(Input data begins)
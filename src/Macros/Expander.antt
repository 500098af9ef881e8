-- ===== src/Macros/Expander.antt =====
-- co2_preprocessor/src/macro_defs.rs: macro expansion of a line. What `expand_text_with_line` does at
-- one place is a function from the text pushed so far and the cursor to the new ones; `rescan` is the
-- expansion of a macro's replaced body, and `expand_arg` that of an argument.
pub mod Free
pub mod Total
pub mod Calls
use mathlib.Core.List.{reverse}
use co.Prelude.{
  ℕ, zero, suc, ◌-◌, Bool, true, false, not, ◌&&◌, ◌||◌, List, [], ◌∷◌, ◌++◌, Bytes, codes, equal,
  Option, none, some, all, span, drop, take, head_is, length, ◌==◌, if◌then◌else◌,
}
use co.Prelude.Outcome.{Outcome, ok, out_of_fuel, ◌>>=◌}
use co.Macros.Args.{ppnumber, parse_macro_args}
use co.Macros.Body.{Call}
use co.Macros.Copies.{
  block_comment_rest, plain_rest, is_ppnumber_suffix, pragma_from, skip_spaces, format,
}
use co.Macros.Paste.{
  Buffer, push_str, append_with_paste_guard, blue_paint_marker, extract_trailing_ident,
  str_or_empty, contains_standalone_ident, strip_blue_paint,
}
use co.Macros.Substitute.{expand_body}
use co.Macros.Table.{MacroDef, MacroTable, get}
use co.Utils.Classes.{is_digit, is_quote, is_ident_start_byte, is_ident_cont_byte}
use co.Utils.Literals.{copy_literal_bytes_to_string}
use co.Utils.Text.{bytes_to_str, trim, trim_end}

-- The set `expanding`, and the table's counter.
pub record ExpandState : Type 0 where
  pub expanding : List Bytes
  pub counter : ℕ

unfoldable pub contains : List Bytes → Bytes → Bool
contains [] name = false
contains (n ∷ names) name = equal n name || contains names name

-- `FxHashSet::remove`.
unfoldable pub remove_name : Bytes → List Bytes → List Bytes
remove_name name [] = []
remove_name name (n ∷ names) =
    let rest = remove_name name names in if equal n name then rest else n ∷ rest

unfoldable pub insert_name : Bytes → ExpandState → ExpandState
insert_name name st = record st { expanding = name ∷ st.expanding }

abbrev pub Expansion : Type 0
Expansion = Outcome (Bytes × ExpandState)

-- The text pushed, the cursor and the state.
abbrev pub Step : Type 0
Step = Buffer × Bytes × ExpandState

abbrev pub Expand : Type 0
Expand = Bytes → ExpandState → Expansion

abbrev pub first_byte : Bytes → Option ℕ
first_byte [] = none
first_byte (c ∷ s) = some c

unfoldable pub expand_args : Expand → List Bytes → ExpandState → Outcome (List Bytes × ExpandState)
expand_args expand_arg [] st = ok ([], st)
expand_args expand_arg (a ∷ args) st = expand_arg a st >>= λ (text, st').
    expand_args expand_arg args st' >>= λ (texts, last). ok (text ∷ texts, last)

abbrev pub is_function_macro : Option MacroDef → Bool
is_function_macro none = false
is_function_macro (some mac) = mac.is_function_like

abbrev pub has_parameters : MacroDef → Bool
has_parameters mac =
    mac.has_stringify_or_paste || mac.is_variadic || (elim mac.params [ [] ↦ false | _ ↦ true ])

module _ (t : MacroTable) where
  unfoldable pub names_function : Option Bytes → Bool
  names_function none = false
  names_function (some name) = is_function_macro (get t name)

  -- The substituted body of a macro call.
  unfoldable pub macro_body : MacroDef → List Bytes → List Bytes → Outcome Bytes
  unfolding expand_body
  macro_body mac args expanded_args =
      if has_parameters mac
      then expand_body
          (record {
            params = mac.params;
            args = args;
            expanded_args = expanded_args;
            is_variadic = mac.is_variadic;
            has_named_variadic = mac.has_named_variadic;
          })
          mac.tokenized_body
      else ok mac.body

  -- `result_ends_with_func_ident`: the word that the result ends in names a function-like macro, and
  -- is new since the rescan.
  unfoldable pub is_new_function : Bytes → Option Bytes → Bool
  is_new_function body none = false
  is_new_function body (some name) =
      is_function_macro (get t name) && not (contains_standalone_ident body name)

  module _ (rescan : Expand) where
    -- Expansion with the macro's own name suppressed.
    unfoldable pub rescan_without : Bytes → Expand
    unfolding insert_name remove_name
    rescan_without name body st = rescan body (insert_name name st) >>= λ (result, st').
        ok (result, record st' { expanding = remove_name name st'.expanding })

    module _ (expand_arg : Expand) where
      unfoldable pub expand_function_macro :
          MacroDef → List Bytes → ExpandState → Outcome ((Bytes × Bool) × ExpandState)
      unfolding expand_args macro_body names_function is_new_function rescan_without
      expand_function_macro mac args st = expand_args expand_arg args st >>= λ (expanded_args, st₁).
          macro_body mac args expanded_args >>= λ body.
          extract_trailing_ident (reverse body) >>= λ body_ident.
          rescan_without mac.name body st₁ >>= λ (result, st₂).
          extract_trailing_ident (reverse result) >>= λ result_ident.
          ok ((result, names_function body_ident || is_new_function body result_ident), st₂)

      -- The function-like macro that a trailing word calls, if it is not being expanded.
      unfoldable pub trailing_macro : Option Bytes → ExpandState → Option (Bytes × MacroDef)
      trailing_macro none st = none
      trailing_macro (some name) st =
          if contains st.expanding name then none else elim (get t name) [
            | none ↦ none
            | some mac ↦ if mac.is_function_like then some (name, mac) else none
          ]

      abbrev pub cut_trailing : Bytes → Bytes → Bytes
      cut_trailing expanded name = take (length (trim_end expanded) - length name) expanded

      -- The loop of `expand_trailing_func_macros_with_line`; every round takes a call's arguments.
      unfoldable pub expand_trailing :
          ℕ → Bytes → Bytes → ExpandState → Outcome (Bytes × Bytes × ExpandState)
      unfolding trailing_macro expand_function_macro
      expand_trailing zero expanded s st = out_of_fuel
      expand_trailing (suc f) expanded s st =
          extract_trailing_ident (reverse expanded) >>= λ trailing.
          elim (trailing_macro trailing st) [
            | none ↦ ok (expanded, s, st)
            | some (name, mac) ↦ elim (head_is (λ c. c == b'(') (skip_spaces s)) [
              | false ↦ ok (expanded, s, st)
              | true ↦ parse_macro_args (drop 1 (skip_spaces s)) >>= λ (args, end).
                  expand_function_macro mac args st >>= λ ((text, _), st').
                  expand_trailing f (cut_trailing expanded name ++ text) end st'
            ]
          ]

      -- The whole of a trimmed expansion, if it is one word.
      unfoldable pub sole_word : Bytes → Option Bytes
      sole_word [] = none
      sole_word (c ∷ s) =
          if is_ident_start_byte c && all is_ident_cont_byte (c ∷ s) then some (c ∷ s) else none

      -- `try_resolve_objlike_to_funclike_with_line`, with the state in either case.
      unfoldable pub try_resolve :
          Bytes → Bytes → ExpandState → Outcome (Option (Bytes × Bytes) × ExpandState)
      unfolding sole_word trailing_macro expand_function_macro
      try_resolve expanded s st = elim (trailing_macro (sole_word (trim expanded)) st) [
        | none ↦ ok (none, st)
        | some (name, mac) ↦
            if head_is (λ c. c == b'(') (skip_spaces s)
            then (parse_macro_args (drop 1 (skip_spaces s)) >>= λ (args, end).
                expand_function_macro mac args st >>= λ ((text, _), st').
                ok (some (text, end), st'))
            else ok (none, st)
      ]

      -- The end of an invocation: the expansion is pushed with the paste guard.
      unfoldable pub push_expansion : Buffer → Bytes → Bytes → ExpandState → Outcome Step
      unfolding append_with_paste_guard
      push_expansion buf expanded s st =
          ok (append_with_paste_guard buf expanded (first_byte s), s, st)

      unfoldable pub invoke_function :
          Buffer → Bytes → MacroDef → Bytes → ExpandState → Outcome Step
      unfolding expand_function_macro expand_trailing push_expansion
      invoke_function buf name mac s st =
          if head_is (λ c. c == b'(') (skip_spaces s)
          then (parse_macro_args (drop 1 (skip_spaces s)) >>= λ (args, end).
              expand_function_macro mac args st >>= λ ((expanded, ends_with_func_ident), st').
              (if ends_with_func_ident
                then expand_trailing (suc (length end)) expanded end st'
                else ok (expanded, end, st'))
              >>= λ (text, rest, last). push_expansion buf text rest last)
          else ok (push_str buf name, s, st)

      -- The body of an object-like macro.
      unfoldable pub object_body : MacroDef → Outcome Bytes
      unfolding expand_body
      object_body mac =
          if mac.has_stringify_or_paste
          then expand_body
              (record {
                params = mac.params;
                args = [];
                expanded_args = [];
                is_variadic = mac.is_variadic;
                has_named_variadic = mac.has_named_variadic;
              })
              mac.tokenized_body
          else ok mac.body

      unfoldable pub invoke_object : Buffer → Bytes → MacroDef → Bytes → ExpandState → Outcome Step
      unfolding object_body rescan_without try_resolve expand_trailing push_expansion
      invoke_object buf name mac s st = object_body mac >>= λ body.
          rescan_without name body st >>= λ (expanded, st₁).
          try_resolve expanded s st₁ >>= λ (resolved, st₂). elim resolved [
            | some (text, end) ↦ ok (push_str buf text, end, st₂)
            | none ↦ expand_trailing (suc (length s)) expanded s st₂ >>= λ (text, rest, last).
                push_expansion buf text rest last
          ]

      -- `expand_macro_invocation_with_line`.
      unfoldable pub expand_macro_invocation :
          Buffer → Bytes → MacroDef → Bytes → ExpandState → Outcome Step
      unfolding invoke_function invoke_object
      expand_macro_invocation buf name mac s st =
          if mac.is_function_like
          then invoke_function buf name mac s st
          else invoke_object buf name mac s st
(Input data ends)
- _Instructions for the task_
For the material above, reproduce exactly the lines from the line with "repository 500098af9ef881e8" to the line with "abbrev pub Step : Type 0", inclusive, and exclude all others.

- _Finished exercise_
repository 500098af9ef881e8
-- ===== src/Macros/Expander.antt =====
-- co2_preprocessor/src/macro_defs.rs: macro expansion of a line. What `expand_text_with_line` does at
-- one place is a function from the text pushed so far and the cursor to the new ones; `rescan` is the
-- expansion of a macro's replaced body, and `expand_arg` that of an argument.
pub mod Free
pub mod Total
pub mod Calls
use mathlib.Core.List.{reverse}
use co.Prelude.{
  ℕ, zero, suc, ◌-◌, Bool, true, false, not, ◌&&◌, ◌||◌, List, [], ◌∷◌, ◌++◌, Bytes, codes, equal,
  Option, none, some, all, span, drop, take, head_is, length, ◌==◌, if◌then◌else◌,
}
use co.Prelude.Outcome.{Outcome, ok, out_of_fuel, ◌>>=◌}
use co.Macros.Args.{ppnumber, parse_macro_args}
use co.Macros.Body.{Call}
use co.Macros.Copies.{
  block_comment_rest, plain_rest, is_ppnumber_suffix, pragma_from, skip_spaces, format,
}
use co.Macros.Paste.{
  Buffer, push_str, append_with_paste_guard, blue_paint_marker, extract_trailing_ident,
  str_or_empty, contains_standalone_ident, strip_blue_paint,
}
use co.Macros.Substitute.{expand_body}
use co.Macros.Table.{MacroDef, MacroTable, get}
use co.Utils.Classes.{is_digit, is_quote, is_ident_start_byte, is_ident_cont_byte}
use co.Utils.Literals.{copy_literal_bytes_to_string}
use co.Utils.Text.{bytes_to_str, trim, trim_end}

-- The set `expanding`, and the table's counter.
pub record ExpandState : Type 0 where
  pub expanding : List Bytes
  pub counter : ℕ

unfoldable pub contains : List Bytes → Bytes → Bool
contains [] name = false
contains (n ∷ names) name = equal n name || contains names name

-- `FxHashSet::remove`.
unfoldable pub remove_name : Bytes → List Bytes → List Bytes
remove_name name [] = []
remove_name name (n ∷ names) =
    let rest = remove_name name names in if equal n name then rest else n ∷ rest

unfoldable pub insert_name : Bytes → ExpandState → ExpandState
insert_name name st = record st { expanding = name ∷ st.expanding }

abbrev pub Expansion : Type 0
Expansion = Outcome (Bytes × ExpandState)

-- The text pushed, the cursor and the state.
abbrev pub Step : Type 0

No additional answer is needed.